The China Mail also publishes a very curious letter, derived ostensibly
from a Chinese source, regarding some recent proceedings of the French
in Tonquin, which it is very difficult to comprehend. We shall try to
make what can of it. When Lieutenant Garnier was at Hannoi, certain
malcontents came and offered tneir services; “Laes,” the letter calls
them, we presume Laotians, or the primitive inhabitants of the district.
When the French found it advisable to retire, the Laotians’ were left to
their own devices, and the government pressed them so much that they
rose in actual rebellion. They tried to get French assistance, but only
succeeded in obtaining a promise of French neutrality. The French,
however, were desirous of renewing relations with Annam, and succeeded
in getting a treaty signed in the beginning of last year. As an
inducement apparently to the Hué government to carry out its
stipulations, they seem to have turned round on their old allies the
Laotians. Possibly the fact is that, the latter having made themselves
masters of two provinces on the French frontier, there was a prospect of
affairs becoming unsettled with a rebellion raging next door. At all
events, the letter states that the French interfered, and nearly
exterminated the “Laes.” Hereon, another disturbing element, which too
often manages to crop up in the negotiations of the French with Eastern
nations, came to the front. We find. M. Calomer, a missionary bishop,
negotiating between the French general and the Laotians, with the object
of placing the latter under the protection of the French flag, in order
to preserve them from the attacks of the Hué government. Once more the
counsels of the latter prevailed, and the French again desert the
Laotians and send assistance to the Annamese. Hereupon, naturally,
results a cry from the Laotians. They had twice been made tools of by
the French, and promised assistance against their natural enemies, the
intrusive Annamites, and twice they had been deserted at their hour of
need. Now, it is only necessary to add that the charge is entirely ex parte. The French commandant’s version of the
matter is, doubtless, something very different, and would show that
there was little, if any, of the ill-faith practiced which is attributed
to the French. Still the latter ought to have learned, by this time,
that edged tools are dangerous. We cannot help sympathizing with M.

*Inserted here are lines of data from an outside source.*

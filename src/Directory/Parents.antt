-- ===== src/Directory/Parents.antt =====
-- The way to the parent of a path that is not found.
use Prim.Native.String.{String}
use foundationdb_effect.Prelude.{
  suc, ◌<◌, ◌≡◌, ◌⊎◌, inl, inr, refl, sym, ap, ◌∙◌, subst, arith, true, false, Option, none, some,
  [], ◌∷◌, ◌++◌, ◌==◌, length, length-append, Bool-cases, Option-cases, if_true, if_false,
  none≢some, some-injective, if◌then◌else◌,
}
use foundationdb_effect.Bytes.{Bytes, equal_bytes}
use foundationdb_effect.Bytes.Order.{equal_bytes_iff}
use foundationdb_effect.Directory.{
  find_loop, make_node, find_node, load_layer, or_empty, set_version,
}
use foundationdb_effect.Directory.State.{
  DirectoryPath, DirectoryLayer, no_rows, directory_version, Nodes, rows_of, child_of,
  partition_layer, Node, is_in_partition,
}
use foundationdb_effect.Directory.Consistent.{at-put_at_any}
use foundationdb_effect.Directory.Decisions.{partition_stays, find_loop_absent, find_loop_present}
use foundationdb_effect.Directory.Create.{last_component, parent_path}
use foundationdb_effect.Directory.Opens.{Outside}

-- A version that is written changes no path.
at-set_version :
    (root p : Bytes) (nodes : Nodes)
    → ((rows_of p (set_version root nodes)).children ≡ (rows_of p nodes).children)
      × ((rows_of p (set_version root nodes)).layer ≡ (rows_of p nodes).layer)
at-set_version root p nodes =
    let written =
      at-put_at_any no_rows root p
        (record (rows_of root nodes) { version = some directory_version }) nodes in
    elim (Bool-cases (equal_bytes root p)) [
      | inl same ↦
          let here = ap (λ q. rows_of q nodes) ((equal_bytes_iff root p).0 same) in
          let there = sym (if_true _ _ same (sym written)) in
          (
            ap (λ r. r.children) there ∙ ap (λ r. r.children) here,
            ap (λ r. r.layer) there ∙ ap (λ r. r.layer) here,
          )
      | inr other ↦
          let there = sym (if_false _ _ other (sym written)) in
          (ap (λ r. r.children) there, ap (λ r. r.layer) there)
    ]

find_loop-set_version :
    (root : Bytes) (nodes : Nodes) (prefix : Bytes) (current : DirectoryPath) (layer : Bytes)
    (path : DirectoryPath)
    → find_loop (set_version root nodes) prefix current layer path
      ≡ find_loop nodes prefix current layer path
find_loop-set_version root nodes prefix current layer [] = refl
find_loop-set_version root nodes prefix current layer (c ∷ cs) =
    let after = set_version root nodes in
    let children = ap (child_of c) (at-set_version root prefix nodes).0 in
    elim (Option-cases (child_of c (rows_of prefix nodes).children)) [
      | inl absent ↦
          find_loop_absent after prefix current layer c cs (children ∙ absent)
          ∙ sym (find_loop_absent nodes prefix current layer c cs absent)
      | inr (child, there) ↦
          let loaded : load_layer child after ≡ load_layer child nodes =
            ap or_empty (at-set_version root child nodes).1 in
          find_loop_present after prefix current layer c cs child (children ∙ there)
          ∙ ap
              (λ l.
                if equal_bytes l partition_layer
                then some (child, current ++ c ∷ [], l)
                else find_loop after child (current ++ c ∷ []) l cs)
              loaded
          ∙ ap
              (λ later.
                if equal_bytes (load_layer child nodes) partition_layer
                then some (child, current ++ c ∷ [], load_layer child nodes)
                else later)
              (find_loop-set_version root nodes child (current ++ c ∷ []) (load_layer child nodes)
                cs)
          ∙ sym (find_loop_present nodes prefix current layer c cs child there)
    ]

pub last_component_lem :
    (path : DirectoryPath) (name : String)
    → last_component path ≡ some name
    → path ≡ parent_path path ++ name ∷ []
last_component_lem [] name e = absurd (none≢some e)
last_component_lem (c ∷ []) name e = ap (λ n. n ∷ []) (some-injective e)
last_component_lem (p ∷ c ∷ cs) name e = ap (λ q. p ∷ q) (last_component_lem (c ∷ cs) name e)

find_node-loop :
    (layer : DirectoryLayer) (path : DirectoryPath) (nodes : Nodes)
    → (length path == 0) ≡ false
    → find_node layer path nodes ≡ make_node path (find_loop nodes layer.node_prefix [] [] path)
unfolding find_node
find_node-loop layer path nodes full = rw full refl

make_node-some :
    (path : DirectoryPath) (found : Option (Bytes × DirectoryPath × Bytes)) (node : Node)
    → make_node path found ≡ some node
    → found ≡ some (node.prefix, node.current_path, node.layer)
make_node-some path none node e = absurd (none≢some e)
make_node-some path (some (prefix, current, layer)) node e =
    ap (λ n. some (n.prefix, n.current_path, n.layer)) (some-injective e)

make_node-target :
    (path : DirectoryPath) (found : Option (Bytes × DirectoryPath × Bytes)) (node : Node)
    → make_node path found ≡ some node
    → path ≡ node.target_path
make_node-target path none node e = absurd (none≢some e)
make_node-target path (some _) node e = ap (λ n. n.target_path) (some-injective e)

-- Where a path is not found, no partition is on the way to its parent.
pub parent-Outside :
    (layer : DirectoryLayer) (path parent : DirectoryPath) (name : String) (nodes : Nodes)
    → path ≡ parent ++ name ∷ []
    → (length path == 0) ≡ false
    → (length parent == 0) ≡ false
    → find_node layer path nodes ≡ none
    → Outside layer parent nodes
parent-Outside layer path parent name nodes split full full' nothing node found =
    elim (Bool-cases (is_in_partition node false)) [
      | inr outside ↦ outside
      | inl inside ↦
          let found' = sym (find_node-loop layer parent nodes full') ∙ found in
          let loop =
            make_node-some parent (find_loop nodes layer.node_prefix [] [] parent) node found' in
          let target =
            make_node-target parent (find_loop nodes layer.node_prefix [] [] parent) node found' in
          let part : equal_bytes node.layer partition_layer ≡ true = grind arith in
          let less : length node.current_path < length node.target_path = grind arith in
          let shorter = ap (λ p. length p) target in
          let (r, there) =
            partition_stays nodes layer.node_prefix [] [] parent (name ∷ []) node.prefix
              node.current_path node.layer loop part (omega (arith, less, shorter)) in
          let nothing' = sym (find_node-loop layer path nodes full) ∙ nothing in
          let there' =
            subst (λ p. find_loop nodes layer.node_prefix [] [] p ≡ some r) (sym split) there in
          absurd (none≢some (sym nothing' ∙ ap (make_node path) there'))
    ]

pub Outside-set_version :
    (layer : DirectoryLayer) (path : DirectoryPath) (nodes nodes' : Nodes)
    → (length path == 0) ≡ false
    → (nodes' ≡ nodes) ⊎ (nodes' ≡ set_version layer.node_prefix nodes)
    → Outside layer path nodes
    → Outside layer path nodes'
Outside-set_version layer path nodes nodes' full (inl same) h =
    subst (λ ns. Outside layer path ns) (sym same) h
Outside-set_version layer path nodes nodes' full (inr same) h =
    subst (λ ns. Outside layer path ns) (sym same)
      (λ node found. h node (
        find_node-loop layer path nodes full
        ∙ ap (make_node path)
            (sym (find_loop-set_version layer.node_prefix nodes layer.node_prefix [] [] path))
        ∙ sym (find_node-loop layer path (set_version layer.node_prefix nodes) full)
        ∙ found))

pub length-parent_path :
    (path : DirectoryPath) (name : String)
    → last_component path ≡ some name
    → suc (length (parent_path path)) ≡ length path
length-parent_path path name e = omega (
  arith,
  length-append (parent_path path) (name ∷ []),
  ap (λ p. length p) (last_component_lem path name e),
)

Calomer’s attempt to screen the Laes from the persecution overhanging
them; but a minister of the gospel is seldom in a more unsuitable
position than when playing diplomatist; and it seems tolerably evident
that in this case the French were led into an engagement which they
found impracticable, and in withdrawing from which they incurred
dislike, if not discredit. The simplest solution would be the annexation
of the entire country. Such close relations with a semi-barbaric court,
as the position of the French in Cochin-China involves, are simply
impracticable. We find the same difficulty every day in Burmah, which is
the more settled country of the two. And we cannot but think the
extension of both English and French rule to the frontiers of Yunnan
would be the simplest and best solution.